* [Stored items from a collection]
===

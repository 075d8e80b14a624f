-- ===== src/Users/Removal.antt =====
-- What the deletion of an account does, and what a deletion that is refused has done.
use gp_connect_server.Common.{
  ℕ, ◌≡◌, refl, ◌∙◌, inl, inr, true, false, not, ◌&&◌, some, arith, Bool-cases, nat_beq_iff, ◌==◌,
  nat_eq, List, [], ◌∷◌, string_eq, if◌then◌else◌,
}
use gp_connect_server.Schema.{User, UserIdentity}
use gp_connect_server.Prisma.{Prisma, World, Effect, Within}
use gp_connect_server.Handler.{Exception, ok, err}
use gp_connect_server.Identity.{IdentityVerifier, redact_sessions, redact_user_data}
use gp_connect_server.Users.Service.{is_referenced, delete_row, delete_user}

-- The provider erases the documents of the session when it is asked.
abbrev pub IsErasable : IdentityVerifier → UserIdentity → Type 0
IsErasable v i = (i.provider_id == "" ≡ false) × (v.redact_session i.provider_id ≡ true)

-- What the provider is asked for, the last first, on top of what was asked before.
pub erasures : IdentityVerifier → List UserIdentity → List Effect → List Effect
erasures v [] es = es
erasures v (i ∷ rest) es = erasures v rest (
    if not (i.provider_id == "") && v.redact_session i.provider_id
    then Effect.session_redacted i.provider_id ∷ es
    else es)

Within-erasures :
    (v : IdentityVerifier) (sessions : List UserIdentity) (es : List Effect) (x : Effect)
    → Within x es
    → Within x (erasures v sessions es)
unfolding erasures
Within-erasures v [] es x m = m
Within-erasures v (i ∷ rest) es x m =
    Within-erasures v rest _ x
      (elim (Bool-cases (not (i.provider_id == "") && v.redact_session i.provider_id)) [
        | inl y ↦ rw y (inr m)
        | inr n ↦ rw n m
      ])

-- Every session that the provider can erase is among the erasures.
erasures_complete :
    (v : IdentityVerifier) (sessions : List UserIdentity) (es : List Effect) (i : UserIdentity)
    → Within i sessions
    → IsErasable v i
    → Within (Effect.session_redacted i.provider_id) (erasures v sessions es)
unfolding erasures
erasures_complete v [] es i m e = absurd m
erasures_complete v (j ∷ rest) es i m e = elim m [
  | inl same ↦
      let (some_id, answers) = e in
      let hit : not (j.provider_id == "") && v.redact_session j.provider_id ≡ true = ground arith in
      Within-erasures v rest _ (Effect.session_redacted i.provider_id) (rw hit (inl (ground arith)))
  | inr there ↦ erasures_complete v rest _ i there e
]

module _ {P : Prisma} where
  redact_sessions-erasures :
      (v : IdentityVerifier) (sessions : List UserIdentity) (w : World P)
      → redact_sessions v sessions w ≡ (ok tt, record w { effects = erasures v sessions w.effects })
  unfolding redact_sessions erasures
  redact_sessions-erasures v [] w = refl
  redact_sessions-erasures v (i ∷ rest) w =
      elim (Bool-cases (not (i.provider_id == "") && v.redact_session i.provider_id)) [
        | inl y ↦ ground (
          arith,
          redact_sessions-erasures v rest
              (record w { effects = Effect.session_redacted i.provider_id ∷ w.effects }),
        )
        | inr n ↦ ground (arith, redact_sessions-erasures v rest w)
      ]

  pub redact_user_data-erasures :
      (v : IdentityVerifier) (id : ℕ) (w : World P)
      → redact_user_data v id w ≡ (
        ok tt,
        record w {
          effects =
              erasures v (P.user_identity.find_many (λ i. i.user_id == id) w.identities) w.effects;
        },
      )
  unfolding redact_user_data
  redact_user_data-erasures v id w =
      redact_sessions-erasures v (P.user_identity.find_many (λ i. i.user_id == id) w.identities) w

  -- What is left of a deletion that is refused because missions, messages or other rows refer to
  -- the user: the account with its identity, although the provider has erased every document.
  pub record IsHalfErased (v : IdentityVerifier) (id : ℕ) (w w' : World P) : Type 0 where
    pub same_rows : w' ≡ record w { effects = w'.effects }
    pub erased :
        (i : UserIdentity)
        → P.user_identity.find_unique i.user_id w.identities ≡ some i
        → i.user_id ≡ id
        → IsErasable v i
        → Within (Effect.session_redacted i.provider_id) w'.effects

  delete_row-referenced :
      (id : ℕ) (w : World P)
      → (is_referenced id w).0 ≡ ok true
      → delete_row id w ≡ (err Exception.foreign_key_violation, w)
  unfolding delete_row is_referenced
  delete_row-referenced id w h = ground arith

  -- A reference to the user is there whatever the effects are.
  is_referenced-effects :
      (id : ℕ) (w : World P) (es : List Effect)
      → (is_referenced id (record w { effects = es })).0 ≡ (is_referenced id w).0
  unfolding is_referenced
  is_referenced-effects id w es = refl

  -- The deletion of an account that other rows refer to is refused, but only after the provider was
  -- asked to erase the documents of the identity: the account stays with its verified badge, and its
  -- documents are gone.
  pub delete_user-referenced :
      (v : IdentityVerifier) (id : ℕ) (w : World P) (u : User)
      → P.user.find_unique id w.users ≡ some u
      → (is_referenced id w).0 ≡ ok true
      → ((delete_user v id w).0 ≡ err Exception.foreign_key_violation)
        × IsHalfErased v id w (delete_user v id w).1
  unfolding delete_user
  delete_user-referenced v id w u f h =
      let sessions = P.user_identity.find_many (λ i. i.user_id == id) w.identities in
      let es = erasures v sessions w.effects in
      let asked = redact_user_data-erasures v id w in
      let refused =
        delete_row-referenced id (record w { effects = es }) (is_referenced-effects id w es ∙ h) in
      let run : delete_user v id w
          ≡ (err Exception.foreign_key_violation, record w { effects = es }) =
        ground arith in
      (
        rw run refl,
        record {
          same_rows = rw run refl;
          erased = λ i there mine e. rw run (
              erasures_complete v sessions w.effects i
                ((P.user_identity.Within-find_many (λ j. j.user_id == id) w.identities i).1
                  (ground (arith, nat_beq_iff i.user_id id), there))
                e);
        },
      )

===

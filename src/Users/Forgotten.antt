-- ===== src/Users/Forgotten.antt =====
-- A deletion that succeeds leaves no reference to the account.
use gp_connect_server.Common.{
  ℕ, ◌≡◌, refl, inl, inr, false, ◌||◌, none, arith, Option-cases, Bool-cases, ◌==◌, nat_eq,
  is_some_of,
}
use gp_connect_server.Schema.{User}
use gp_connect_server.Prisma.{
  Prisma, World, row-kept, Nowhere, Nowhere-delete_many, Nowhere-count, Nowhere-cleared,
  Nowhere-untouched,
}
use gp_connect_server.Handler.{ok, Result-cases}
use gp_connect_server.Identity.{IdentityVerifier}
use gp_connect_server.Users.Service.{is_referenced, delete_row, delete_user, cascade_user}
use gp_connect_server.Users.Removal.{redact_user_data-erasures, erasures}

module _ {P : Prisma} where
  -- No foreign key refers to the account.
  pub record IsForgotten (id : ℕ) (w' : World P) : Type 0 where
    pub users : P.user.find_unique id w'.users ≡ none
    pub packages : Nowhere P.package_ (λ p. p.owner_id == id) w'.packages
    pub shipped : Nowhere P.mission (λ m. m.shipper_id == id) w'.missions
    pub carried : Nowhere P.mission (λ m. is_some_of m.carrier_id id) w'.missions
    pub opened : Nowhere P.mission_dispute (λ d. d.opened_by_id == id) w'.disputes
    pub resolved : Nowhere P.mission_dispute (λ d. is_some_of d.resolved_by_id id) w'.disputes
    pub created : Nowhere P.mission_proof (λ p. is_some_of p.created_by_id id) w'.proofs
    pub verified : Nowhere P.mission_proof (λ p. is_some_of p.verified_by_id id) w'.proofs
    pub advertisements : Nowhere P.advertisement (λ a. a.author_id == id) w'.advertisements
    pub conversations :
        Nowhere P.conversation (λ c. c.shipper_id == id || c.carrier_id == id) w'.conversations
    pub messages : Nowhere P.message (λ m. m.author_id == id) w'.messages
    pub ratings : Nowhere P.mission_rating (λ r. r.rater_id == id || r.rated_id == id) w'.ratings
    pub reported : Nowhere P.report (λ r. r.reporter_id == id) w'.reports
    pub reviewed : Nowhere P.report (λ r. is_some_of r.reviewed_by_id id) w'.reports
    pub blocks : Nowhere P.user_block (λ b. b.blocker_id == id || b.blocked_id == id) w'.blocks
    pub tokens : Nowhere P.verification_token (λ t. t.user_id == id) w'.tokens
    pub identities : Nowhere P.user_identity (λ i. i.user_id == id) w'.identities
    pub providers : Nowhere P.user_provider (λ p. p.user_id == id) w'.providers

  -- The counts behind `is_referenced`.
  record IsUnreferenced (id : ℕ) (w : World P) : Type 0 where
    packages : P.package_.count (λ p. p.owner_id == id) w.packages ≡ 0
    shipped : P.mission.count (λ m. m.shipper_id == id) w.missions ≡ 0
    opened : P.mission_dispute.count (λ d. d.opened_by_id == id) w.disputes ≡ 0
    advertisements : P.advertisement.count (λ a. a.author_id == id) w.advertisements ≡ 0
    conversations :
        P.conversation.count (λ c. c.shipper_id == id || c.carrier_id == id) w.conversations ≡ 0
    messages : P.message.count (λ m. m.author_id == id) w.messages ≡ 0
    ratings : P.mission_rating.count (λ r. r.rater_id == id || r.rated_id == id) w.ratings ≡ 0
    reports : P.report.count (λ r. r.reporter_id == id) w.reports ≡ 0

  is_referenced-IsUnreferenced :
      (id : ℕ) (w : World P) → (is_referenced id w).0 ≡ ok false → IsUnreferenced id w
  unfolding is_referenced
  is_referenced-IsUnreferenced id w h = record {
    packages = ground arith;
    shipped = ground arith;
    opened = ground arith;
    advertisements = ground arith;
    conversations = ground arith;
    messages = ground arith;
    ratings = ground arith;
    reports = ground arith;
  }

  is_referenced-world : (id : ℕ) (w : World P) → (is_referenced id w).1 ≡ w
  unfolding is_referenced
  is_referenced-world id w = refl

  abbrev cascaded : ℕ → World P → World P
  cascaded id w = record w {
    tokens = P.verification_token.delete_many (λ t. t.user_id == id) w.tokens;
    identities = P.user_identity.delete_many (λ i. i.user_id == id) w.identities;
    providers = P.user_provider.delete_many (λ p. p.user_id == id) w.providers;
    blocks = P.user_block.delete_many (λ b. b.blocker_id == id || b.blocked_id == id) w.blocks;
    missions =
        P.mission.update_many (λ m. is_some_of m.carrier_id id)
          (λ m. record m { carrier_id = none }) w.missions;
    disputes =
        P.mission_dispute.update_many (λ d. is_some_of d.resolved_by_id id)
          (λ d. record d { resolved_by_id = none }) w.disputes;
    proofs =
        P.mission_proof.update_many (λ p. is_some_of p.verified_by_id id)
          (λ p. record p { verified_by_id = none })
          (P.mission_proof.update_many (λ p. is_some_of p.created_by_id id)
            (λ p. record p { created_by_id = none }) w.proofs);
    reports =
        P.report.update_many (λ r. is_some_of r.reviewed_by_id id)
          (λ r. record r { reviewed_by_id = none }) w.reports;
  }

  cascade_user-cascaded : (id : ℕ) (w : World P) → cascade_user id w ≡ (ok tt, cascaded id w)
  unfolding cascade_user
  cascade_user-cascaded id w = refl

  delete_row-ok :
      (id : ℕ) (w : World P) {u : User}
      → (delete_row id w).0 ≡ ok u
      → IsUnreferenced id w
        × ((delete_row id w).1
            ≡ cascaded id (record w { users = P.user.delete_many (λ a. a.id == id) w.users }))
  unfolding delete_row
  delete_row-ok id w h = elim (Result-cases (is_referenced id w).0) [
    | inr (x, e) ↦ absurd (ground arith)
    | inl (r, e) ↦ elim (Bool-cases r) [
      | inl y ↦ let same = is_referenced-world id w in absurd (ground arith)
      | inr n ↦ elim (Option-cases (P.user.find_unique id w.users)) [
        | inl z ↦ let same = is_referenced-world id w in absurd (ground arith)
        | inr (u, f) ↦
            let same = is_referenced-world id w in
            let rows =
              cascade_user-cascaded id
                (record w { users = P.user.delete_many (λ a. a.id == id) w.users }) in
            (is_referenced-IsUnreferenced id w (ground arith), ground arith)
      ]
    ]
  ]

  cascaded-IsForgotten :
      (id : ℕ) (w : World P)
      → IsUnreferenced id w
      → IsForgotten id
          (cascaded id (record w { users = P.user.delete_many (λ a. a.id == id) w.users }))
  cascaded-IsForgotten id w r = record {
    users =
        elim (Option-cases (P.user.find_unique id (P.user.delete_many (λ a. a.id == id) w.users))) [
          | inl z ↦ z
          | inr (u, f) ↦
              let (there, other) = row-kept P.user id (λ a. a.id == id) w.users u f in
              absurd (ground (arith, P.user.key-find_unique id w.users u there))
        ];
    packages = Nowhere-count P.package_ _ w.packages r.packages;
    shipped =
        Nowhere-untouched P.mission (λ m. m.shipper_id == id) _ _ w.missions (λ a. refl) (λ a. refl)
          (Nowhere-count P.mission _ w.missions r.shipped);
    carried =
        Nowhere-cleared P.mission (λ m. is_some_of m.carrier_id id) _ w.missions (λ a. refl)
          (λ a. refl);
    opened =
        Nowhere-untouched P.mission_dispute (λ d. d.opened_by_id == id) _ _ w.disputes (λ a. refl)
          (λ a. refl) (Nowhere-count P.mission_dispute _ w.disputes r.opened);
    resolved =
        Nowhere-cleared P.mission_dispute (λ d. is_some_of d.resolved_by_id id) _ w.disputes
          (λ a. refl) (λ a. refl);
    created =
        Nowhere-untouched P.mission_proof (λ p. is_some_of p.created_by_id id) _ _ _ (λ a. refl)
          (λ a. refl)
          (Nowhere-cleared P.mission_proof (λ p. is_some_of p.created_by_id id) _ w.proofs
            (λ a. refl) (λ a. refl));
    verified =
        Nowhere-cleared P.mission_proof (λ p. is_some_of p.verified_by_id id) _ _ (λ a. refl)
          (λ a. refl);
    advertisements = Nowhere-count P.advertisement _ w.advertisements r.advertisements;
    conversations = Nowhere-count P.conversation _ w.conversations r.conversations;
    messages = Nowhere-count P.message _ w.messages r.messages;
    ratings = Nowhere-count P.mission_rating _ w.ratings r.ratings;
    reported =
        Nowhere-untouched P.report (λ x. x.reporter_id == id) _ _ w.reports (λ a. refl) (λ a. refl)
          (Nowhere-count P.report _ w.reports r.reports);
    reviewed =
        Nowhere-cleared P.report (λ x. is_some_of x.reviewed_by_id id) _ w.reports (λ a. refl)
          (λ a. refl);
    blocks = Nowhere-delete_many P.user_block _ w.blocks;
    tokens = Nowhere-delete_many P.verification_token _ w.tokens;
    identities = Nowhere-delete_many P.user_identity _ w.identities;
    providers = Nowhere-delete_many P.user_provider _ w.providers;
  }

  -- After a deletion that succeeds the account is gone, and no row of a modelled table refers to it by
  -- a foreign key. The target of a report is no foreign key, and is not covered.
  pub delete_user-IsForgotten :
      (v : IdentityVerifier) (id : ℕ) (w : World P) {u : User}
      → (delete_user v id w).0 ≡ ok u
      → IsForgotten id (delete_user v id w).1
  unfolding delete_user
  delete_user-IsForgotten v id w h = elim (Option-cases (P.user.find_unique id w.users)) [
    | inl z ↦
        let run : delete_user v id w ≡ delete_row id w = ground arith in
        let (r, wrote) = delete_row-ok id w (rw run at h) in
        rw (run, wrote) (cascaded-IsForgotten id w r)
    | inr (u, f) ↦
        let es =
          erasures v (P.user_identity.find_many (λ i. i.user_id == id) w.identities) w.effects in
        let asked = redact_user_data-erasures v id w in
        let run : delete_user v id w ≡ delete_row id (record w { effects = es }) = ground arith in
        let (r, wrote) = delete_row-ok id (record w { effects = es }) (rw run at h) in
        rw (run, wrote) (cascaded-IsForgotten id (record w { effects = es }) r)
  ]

===

* [WHAT NEEDS TO BE DONE] Return word for word the lines above from the line with "repository 075d8e80b14a624f" to the line with "IsErasable v i = (i.provider_id", including both and leaving out all others.

* [RESPONSE TO THE EXERCISE]
repository 075d8e80b14a624f
-- ===== src/Users/Removal.antt =====
-- What the deletion of an account does, and what a deletion that is refused has done.
use gp_connect_server.Common.{
  ℕ, ◌≡◌, refl, ◌∙◌, inl, inr, true, false, not, ◌&&◌, some, arith, Bool-cases, nat_beq_iff, ◌==◌,
  nat_eq, List, [], ◌∷◌, string_eq, if◌then◌else◌,
}
use gp_connect_server.Schema.{User, UserIdentity}
use gp_connect_server.Prisma.{Prisma, World, Effect, Within}
use gp_connect_server.Handler.{Exception, ok, err}
use gp_connect_server.Identity.{IdentityVerifier, redact_sessions, redact_user_data}
use gp_connect_server.Users.Service.{is_referenced, delete_row, delete_user}

-- The provider erases the documents of the session when it is asked.
abbrev pub IsErasable : IdentityVerifier → UserIdentity → Type 0
IsErasable v i = (i.provider_id == "" ≡ false) × (v.redact_session i.provider_id ≡ true)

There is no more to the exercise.